**PROBLEM DETAILS**
Look for "defined" in every line of the listing. Copy the lines that have it.
EXTRACTED MATERIAL START
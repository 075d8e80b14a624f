-- ===== src/Reports.antt =====
-- Reports to the admins: src/reports/reports.service.ts.
mod Service
pub mod Laws
unfoldable pub use Service.*
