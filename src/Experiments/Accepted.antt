-- ===== src/Experiments/Accepted.antt =====
-- A form that was accepted, and the experiment that is created from it.
use retail_segmentation.Prelude.{
  ==_iff, ℕ, zero, suc, ◌≤◌, ◌≡◌, ◌⊎◌, refl, sym, ap, ◌∙◌, Bool, true, false, not, ◌&&◌, ◌||◌,
  Option, none, some, List, [], ◌∷◌, ◌++◌, map, any, length, length-map, replicate, range_from,
  ◌==◌, arith, inl, inr, Result, ok, err, ◌>>=◌, raise_if,
}
use retail_segmentation.Experiments.Lab.{
  treatment, get_campaign, Lab, Origin, Refusal, campaign_over, duplicate_experiment,
  no_such_campaign,
}
use retail_segmentation.Experiments.Setup.{
  is_over, ExperimentInput, check_definitions, create_experiment, ends_early, is_blank,
  is_known_campaign, is_same_experiment, kinds_of, no_definitions, refuse_over_campaign,
}
use retail_segmentation.Experiments.Forms.{
  at_least, only_two, text_or_empty, treatment_groups_max, treatment_key, definition_of,
  ExperimentForm, Field, Key, all_arm_errors, arm_errors, arm_text, definitions_of, error_if,
  keys_for, parse_whole, treatments_of,
}
use retail_segmentation.Experiments.Parsing.{whole_number}
use retail_segmentation.Experiments.Blank.{strip-not_blank}

pub append-empty : {A : Type 0} (xs ys : List A) → xs ++ ys ≡ [] → (xs ≡ []) × (ys ≡ [])
append-empty [] ys h = (refl, h)
append-empty (x ∷ xs) ys h = cc

pub no_error : (b : Bool) (f : Field) → error_if b f ≡ [] → b ≡ false
no_error true f h = cc
no_error false f h = refl

pub neither : (a b : Bool) → (a || b) ≡ false → (a ≡ false) × (b ≡ false)
neither true b h = cc
neither false b h = (refl, h)

-- No definition of an accepted arm is blank.
definitions_not_blank :
    (form : ExperimentForm) (keys : List Key)
    → all_arm_errors form keys ≡ []
    → any (λ (d : List ℕ × List ℕ). is_blank d.0 || is_blank d.1) (definitions_of form keys) ≡ false
definitions_not_blank form [] h = refl
definitions_not_blank form (key ∷ keys) h =
    let (own, rest) = append-empty (arm_errors key _ _) (all_arm_errors form keys) h in
    let (name_ok, text_ok) = append-empty (error_if _ _) (error_if _ _) own in
    let (name, short) =
      neither (is_blank (arm_text form.group_names form.name_fields key)) _
        (no_error _ _ name_ok) in
    let (text, brief) =
      neither (is_blank (arm_text form.group_descriptions form.description_fields key)) _
        (no_error _ _ text_ok) in
    rw (strip-not_blank _ name, strip-not_blank _ text) (definitions_not_blank form keys rest)

length-treatments :
    (i n : ℕ)
    → length (map (λ k. treatment_key k) (range_from i n)) ≡ length (replicate n treatment)
length-treatments i zero = refl
length-treatments i (suc n) = ap suc (length-treatments (suc i) n)

length-keys :
    (has_control : Bool) (n : ℕ) → length (keys_for has_control n) ≡ length (kinds_of has_control n)
length-keys true n = ap suc (length-treatments 1 n)
length-keys false n = length-treatments 1 n

at_least_low : (low : ℕ) (o : Option ℕ) (n : ℕ) → at_least low o ≡ some n → low ≤ n
at_least_low low none n h = cc
at_least_low low (some v) n h = ground arith

only_two_lem : (o : Option ℕ) (n : ℕ) → only_two o ≡ some n → n ≡ 2
only_two_lem none n h = cc
only_two_lem (some v) n h = ground arith

pub parse_whole-low : (raw : List ℕ) (low high n : ℕ) → parse_whole raw low high ≡ some n → low ≤ n
unfolding parse_whole
parse_whole-low raw low high n h = at_least_low low (whole_number raw high) n h

pub treatments_enough :
    (has_control : Bool) (raw : Option (List ℕ)) (n : ℕ)
    → treatments_of has_control raw ≡ some n
    → (1 ≤ n) × ((not has_control && not (n == 2)) ≡ false)
unfolding treatments_of
treatments_enough true raw n h =
    (parse_whole-low (text_or_empty raw) 1 treatment_groups_max n h, refl)
treatments_enough false raw n h =
    let two = only_two_lem (parse_whole (text_or_empty raw) 2 treatment_groups_max) n h in
    (omega (arith, two), ground (arith, two))

pub some_keys :
    (has_control : Bool) (n : ℕ) (form : ExperimentForm)
    → 1 ≤ n
    → no_definitions (definitions_of form (keys_for has_control n)) ≡ false
some_keys true n form h = refl
some_keys false zero form h = absurd (omega arith)
some_keys false (suc n) form h = refl

-- The definitions of an accepted form pass the checks of the table.
pub accepted_definitions :
    (form : ExperimentForm) (has_control : Bool) (n : ℕ)
    → (1 ≤ n) × ((not has_control && not (n == 2)) ≡ false)
    → all_arm_errors form (keys_for has_control n) ≡ []
    → check_definitions has_control n (definitions_of form (keys_for has_control n)) ≡ ok tt
unfolding check_definitions
accepted_definitions form has_control n (low, two) h =
    let keys = keys_for has_control n in
    let same : (length (definitions_of form keys) == length (kinds_of has_control n)) ≡ true =
      (==_iff (length (definitions_of form keys)) (length (kinds_of has_control n))).1
        (length-map (definition_of form) keys ∙ length-keys has_control n) in
    let some_treatment : (n == 0) ≡ false = ground (arith, low) in
    rw (two, some_treatment, same, definitions_not_blank form keys h) refl

-- Which refusals are left of a complete and consistent input.
abbrev pub IsCreationRefusal : Refusal → Type 0
IsCreationRefusal e = (e ≡ campaign_over) ⊎ ((e ≡ duplicate_experiment) ⊎ (e ≡ no_such_campaign))

err_injective : {A : Type 0} {a b : Refusal} → ◌≡◌ {A = Result Refusal A} (err a) (err b) → a ≡ b
err_injective h = cc

not_err : {A : Type 0} {a : A} {e : Refusal} → ◌≡◌ {A = Result Refusal A} (ok a) (err e) → ⊥
not_err h = cc

refused_if :
    {B : Type 0} (t : Bool) (r : Refusal) (f : Unit → Result Refusal B) (e : Refusal)
    → (raise_if t r >>= f) ≡ err e
    → (e ≡ r) ⊎ (f tt ≡ err e)
refused_if true r f e h = inl (sym (err_injective h))
refused_if false r f e h = inr h

refused_campaign :
    {B : Type 0} (lab : Lab) (o : Option ℕ) (r : Refusal) (f : Unit → Result Refusal B)
    (e : Refusal)
    → (refuse_over_campaign lab o r >>= f) ≡ err e
    → (e ≡ r) ⊎ (f tt ≡ err e)
refused_campaign lab none r f e h = inr h
refused_campaign lab (some i) r f e h = refused_if (is_over (get_campaign lab i)) r f e h

pub complete_refusals :
    (lab : Lab) (input : ExperimentInput) (origin : Origin) (n : ℕ) (e : Refusal)
    → input.data_origin ≡ some origin
    → input.treatment_groups ≡ some n
    → no_definitions input.group_definitions ≡ false
    → check_definitions input.has_control n input.group_definitions ≡ ok tt
    → (ends_early input.starts_on input.ends_on || input.conversion_window_days == 0) ≡ false
    → create_experiment lab input ≡ err e
    → IsCreationRefusal e
unfolding create_experiment
complete_refusals lab input origin n e given counted defined checked dated h =
    let h1 = rw (given, counted, defined) at h in
    elim (refused_campaign lab input.campaign_id campaign_over _ e h1) [
      | inl r ↦ inl r
      | inr h2 ↦
          elim (refused_if (any (is_same_experiment input) lab.experiments) duplicate_experiment _ e
            (rw checked at h2)) [
              | inl r ↦ inr (inl r)
              | inr h3 ↦
                  elim (refused_if (not (is_known_campaign lab input.campaign_id)) no_such_campaign
                    _ e (rw dated at h3)) [ inl r ↦ inr (inr r) | inr done ↦ absurd (not_err done) ]
            ]
    ]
EXTRACTED MATERIAL END
**REPLY TO THE EXERCISE**
complete_refusals lab input origin n e given counted defined checked dated h =
    let h1 = rw (given, counted, defined) at h in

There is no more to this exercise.